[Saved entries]
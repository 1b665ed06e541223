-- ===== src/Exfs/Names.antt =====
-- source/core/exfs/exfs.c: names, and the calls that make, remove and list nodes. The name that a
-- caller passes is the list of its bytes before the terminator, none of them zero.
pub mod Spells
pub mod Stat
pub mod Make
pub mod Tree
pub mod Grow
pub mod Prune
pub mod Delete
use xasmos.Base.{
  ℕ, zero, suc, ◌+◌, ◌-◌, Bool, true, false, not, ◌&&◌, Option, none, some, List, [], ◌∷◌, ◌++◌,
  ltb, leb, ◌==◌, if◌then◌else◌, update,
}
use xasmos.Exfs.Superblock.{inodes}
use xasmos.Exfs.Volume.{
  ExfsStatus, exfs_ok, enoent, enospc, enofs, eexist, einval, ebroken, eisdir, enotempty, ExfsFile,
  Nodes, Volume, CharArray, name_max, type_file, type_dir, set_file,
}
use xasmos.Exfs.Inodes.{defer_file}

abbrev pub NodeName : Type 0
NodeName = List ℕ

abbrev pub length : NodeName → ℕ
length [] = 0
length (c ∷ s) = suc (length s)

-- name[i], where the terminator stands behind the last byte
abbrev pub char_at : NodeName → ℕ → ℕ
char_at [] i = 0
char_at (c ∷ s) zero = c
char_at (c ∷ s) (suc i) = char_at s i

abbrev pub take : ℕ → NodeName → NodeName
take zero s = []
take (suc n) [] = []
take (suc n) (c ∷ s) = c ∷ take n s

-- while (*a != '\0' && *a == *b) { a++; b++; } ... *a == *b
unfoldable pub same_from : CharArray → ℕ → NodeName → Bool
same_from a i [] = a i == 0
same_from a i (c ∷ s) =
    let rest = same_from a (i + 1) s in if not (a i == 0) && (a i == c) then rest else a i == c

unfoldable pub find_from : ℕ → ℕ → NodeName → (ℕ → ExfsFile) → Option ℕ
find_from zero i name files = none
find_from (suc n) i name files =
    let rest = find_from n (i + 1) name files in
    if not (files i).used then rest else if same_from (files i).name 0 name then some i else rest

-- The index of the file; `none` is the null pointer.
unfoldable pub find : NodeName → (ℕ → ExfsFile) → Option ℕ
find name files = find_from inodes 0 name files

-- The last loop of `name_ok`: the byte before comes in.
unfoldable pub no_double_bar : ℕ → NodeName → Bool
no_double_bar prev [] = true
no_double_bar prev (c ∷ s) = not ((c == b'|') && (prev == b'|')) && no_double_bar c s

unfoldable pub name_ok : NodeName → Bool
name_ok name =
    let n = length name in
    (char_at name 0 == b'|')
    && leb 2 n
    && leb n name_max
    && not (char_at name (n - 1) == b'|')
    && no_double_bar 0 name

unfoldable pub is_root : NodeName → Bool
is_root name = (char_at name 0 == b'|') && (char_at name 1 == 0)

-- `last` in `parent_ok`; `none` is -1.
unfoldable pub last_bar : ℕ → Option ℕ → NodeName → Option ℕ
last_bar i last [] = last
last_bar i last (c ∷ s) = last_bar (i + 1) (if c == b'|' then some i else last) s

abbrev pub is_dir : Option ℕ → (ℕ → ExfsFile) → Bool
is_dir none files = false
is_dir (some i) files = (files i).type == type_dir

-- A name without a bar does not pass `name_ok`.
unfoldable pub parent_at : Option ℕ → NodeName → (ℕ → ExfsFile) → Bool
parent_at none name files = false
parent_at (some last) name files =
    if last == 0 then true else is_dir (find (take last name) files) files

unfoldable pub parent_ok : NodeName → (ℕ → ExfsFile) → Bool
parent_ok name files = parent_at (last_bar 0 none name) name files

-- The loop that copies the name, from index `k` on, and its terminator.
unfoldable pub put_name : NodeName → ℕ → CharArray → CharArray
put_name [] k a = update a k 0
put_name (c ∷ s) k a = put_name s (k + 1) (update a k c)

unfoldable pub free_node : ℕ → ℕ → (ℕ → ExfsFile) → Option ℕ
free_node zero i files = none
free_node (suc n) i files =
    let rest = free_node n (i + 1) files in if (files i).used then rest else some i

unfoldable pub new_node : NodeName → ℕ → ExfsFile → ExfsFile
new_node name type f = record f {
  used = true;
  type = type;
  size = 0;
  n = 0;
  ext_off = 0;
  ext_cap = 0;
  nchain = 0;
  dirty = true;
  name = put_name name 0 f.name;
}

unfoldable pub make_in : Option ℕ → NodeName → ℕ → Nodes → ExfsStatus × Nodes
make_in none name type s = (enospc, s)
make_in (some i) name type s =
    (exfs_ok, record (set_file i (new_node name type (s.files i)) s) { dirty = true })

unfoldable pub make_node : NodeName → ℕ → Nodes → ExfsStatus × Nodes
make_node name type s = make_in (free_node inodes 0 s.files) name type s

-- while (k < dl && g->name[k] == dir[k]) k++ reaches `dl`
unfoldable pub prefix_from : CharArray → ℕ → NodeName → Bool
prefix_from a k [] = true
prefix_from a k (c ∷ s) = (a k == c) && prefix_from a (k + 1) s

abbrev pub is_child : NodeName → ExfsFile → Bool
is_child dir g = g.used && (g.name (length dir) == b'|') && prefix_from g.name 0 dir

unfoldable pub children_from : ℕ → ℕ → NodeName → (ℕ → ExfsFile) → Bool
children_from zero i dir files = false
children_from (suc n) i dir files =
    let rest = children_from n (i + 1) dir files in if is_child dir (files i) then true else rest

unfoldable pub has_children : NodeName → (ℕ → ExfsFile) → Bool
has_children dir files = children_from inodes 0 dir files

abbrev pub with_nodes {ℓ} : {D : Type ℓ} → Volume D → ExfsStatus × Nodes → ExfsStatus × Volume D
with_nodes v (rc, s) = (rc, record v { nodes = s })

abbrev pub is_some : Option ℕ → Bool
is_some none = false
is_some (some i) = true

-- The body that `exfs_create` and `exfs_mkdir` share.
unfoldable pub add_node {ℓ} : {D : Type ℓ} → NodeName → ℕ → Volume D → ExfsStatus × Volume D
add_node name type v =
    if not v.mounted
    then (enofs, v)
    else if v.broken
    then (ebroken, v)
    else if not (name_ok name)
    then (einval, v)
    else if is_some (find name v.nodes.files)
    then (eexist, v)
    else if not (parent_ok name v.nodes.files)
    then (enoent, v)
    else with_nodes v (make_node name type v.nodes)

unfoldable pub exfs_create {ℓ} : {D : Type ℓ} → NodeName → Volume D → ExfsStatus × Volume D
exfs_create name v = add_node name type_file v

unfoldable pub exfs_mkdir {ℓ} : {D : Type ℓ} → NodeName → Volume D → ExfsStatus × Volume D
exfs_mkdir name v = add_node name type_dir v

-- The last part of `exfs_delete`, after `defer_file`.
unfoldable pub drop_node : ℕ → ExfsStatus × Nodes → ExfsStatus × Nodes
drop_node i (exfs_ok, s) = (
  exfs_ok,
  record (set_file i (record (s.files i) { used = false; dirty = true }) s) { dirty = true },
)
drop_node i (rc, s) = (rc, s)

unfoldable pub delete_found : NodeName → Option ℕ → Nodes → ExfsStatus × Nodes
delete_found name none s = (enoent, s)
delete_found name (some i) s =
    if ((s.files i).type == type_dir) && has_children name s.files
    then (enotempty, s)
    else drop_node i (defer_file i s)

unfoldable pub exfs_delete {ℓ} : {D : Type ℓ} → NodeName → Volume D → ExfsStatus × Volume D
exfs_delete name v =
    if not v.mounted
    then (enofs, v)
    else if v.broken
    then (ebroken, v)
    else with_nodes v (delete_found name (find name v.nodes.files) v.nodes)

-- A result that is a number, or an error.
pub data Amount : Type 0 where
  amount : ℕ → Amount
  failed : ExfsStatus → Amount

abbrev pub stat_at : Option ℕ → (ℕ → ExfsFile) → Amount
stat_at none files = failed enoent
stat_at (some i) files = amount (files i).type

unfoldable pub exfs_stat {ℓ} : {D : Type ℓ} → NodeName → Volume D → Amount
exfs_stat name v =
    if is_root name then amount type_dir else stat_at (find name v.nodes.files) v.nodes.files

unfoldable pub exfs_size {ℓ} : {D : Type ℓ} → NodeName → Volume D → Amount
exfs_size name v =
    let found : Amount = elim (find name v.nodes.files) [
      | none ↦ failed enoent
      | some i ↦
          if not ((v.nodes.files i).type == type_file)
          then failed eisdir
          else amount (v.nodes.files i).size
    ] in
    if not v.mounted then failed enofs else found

#### About this task:
Beginning with the line that holds "if ((s.files i).type", copy the entries exactly to their last line, and leave out every earlier line.

#### Response:
    if ((s.files i).type == type_dir) && has_children name s.files
    then (enotempty, s)
    else drop_node i (defer_file i s)

unfoldable pub exfs_delete {ℓ} : {D : Type ℓ} → NodeName → Volume D → ExfsStatus × Volume D
exfs_delete name v =
    if not v.mounted
    then (enofs, v)
    else if v.broken
    then (ebroken, v)
    else with_nodes v (delete_found name (find name v.nodes.files) v.nodes)

-- A result that is a number, or an error.
pub data Amount : Type 0 where
  amount : ℕ → Amount
  failed : ExfsStatus → Amount

abbrev pub stat_at : Option ℕ → (ℕ → ExfsFile) → Amount
stat_at none files = failed enoent
stat_at (some i) files = amount (files i).type

unfoldable pub exfs_stat {ℓ} : {D : Type ℓ} → NodeName → Volume D → Amount
exfs_stat name v =
    if is_root name then amount type_dir else stat_at (find name v.nodes.files) v.nodes.files

unfoldable pub exfs_size {ℓ} : {D : Type ℓ} → NodeName → Volume D → Amount
exfs_size name v =
    let found : Amount = elim (find name v.nodes.files) [
      | none ↦ failed enoent
      | some i ↦
          if not ((v.nodes.files i).type == type_file)
          then failed eisdir
          else amount (v.nodes.files i).size
    ] in
    if not v.mounted then failed enofs else found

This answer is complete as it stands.